Материнскую избу, ту, что поставил предок-блокадник, брат сжег лично. Нанял мастеров, которые разобрали старые стены и за лето поставили новый дом. Просторные комнаты, высокие потолки, никаких печей и даже каминов, все на умном отоплении. Мать его просила хоть «буржуечку» французскую, она в каталоге видела, чтоб на огонь любоваться, а он ни в какую, печной дух – это нищета и помойка.
Давным-давно мать ушла на ночь к новому хахалю и наказала брату следить за мной и топить печь. Мне было года полтора. Брат тогда только в армию собирался, кинул пару поленьев и на индийский фильм пошел в кинотеатр и еще куда-то после сеанса. Говорят, я потом от воспаления легких едва не помер, а материн хахаль проучил брата ременной пряжкой. От него и матери потом доставалось, заступничек. Короче, с печным отоплением у старшего с тех пор не складывается.

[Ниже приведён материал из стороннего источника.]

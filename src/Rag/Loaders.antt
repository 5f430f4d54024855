-- ===== src/Rag/Loaders.antt =====
-- src/rag/loaders: text_loader.cpp, markdown_loader.cpp, web_loader.cpp and pdf_loader.cpp. A file is
-- its bytes, none where it cannot be opened; cpr::Get is a parameter; a PDF is what poppler reads of
-- it: its pages' texts, a page that cannot be created being none.
use langchain_cpp.Base.{
  ℕ, suc, List, [], ◌∷◌, ◌++◌, map, Option, none, some, not, ◌==◌, if◌then◌else◌,
}
use langchain_cpp.Base.Text.{Text, codes}
use langchain_cpp.Base.Decimal.{to_string}
use langchain_cpp.Base.Dict.{insert}
use langchain_cpp.Base.Http.{Response}
use langchain_cpp.Base.Json.{Json, natural}
use langchain_cpp.Base.Outcome.{Outcome, ok, throws, ◌>>=◌}
use langchain_cpp.Base.Exec.{Exec}
use langchain_cpp.Rag.Document.{Document}
use langchain_cpp.Rag.Html.{html_to_text}

-- TextLoader::read_file
unfoldable pub read_file : Text → Option Text → Outcome Text
read_file path none = throws (codes "TextLoader: could not open file: " ++ path)
read_file path (some content) = ok content

module _ (J : Json) where
  open J use {Value, string, integer}

  -- TextLoader::load
  unfoldable pub load_text : Text → Option Text → Outcome (List (Document Value))
  unfolding read_file
  load_text path file = read_file path file >>= λ content.
      ok (record { content = content; metadata = (codes "source", string path) ∷ [] } ∷ [])

  unfoldable pub as_markdown : Document Value → Document Value
  as_markdown d = record d {
    metadata = insert (codes "type") (string (codes "markdown")) d.metadata;
  }

  -- MarkdownLoader::load
  unfoldable pub load_markdown : Text → Option Text → Outcome (List (Document Value))
  unfolding load_text as_markdown
  load_markdown path file = load_text path file >>= λ documents. ok (map as_markdown documents)

  unfoldable pub page_documents : Text → ℕ → List (Option Text) → List (Document Value)
  page_documents path i [] = []
  page_documents path i (none ∷ pages) = page_documents path (suc i) pages
  page_documents path i (some text ∷ pages) =
      record {
        content = text;
        metadata = (codes "source", string path) ∷ (codes "page", integer (natural i)) ∷ [];
      }
      ∷ page_documents path (suc i) pages

  -- PdfLoader::load
  unfoldable pub load_pdf : Text → Option (List (Option Text)) → Outcome (List (Document Value))
  unfolding page_documents
  load_pdf path none = throws (codes "PdfLoader: could not open file as a PDF: " ++ path)
  load_pdf path (some pages) = ok (page_documents path 0 pages)

  unfoldable pub page_of : Text → Response → Outcome (List (Document Value))
  page_of url response =
      if not (response.status_code == 200)
      then throws (
          codes "WebLoader: request failed (HTTP "
          ++ (to_string response.status_code ++ (codes "): " ++ url)))
      else ok (
          record {
            content = html_to_text response.body;
            metadata = (codes "source", string url) ∷ [];
          }
          ∷ [])

  -- WebLoader::load
  unfoldable pub load_web :
      {W : Type 0} → (Text → W → Response × W) → Text → Exec W (List (Document Value))
  unfolding page_of
  load_web get url w = let (response, w') = get url w in (page_of url response, w')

Когда стройка завершилась, брат купил «Хускварну» на бензиновом движке и принялся разделывать на короткие чурбачки сложенные штабелем, круглые и квадратные в сечении пиломатериалы, недавно составлявшие кров его детства. Когда бревна, доски и брус превратились в кучу дров, брат развел костер, что на пять метров не подойдешь. Соседи орали, боялись, что их хозяйственные и жилые строения от педиковского пламени займутся. А брат только подбрасывал, и курил одну за другой, и угли отгребал, чтобы мясо на них жарить, зернового откорма, новозеландское.
После катания брат упросил пойти с ним в клуб. Он почему-то стеснялся и сто раз повторил, что клуб хороший, все будет прилично, ко мне никто не пристанет. Если я сам не захочу. На этих словах он подмигнул. Забавная черта его сексуальных соплеменников считать всех своими брата не обошла. По их мнению, все мужчины на свете являются тайными женоненавистниками, которые просто еще не решились, не поняли своего предназначения.
Я согласился, и той же ночью перед нами разверзся грохочущий интерьер, набитый протеинными, пропеченными ультрафиолетом, подернутыми потом мужиками. Я ощутил себя на кухне, где разом готовятся многие килограммы ростбифа. Я не вегетарианец, но к горлу подкатило. Все время приходилось улыбаться и отводить глаза. Но я не раздражался, скорее мне льстило. Может, брат и прав – в каждом что-то кроется. Впрочем, никакого желания не припомню, скорее усталость.
На сцене плясали атлеты в маленьких трусах, и брат совал в эти трусы мелкие и среднего достоинства купюры и хихикал совершенно по-бабьи. Танцуя, он производил телом сценические, немного, на мой взгляд, устаревшие движения, раскрывая рот в унисон песне. Я вспомнил, что когда он еще жил с нами, то увлекался Майклом Джексоном.
Чернокожий, ставший белым, завораживал брата, и он начал одеваться под Майкла. Сшил узкие черные брюки, раздобыл туфли, шляпу и белые носки и однажды вечером показал нам с матерью номер. Позвал нас в свою, выгороженную возле кухни комнатушку.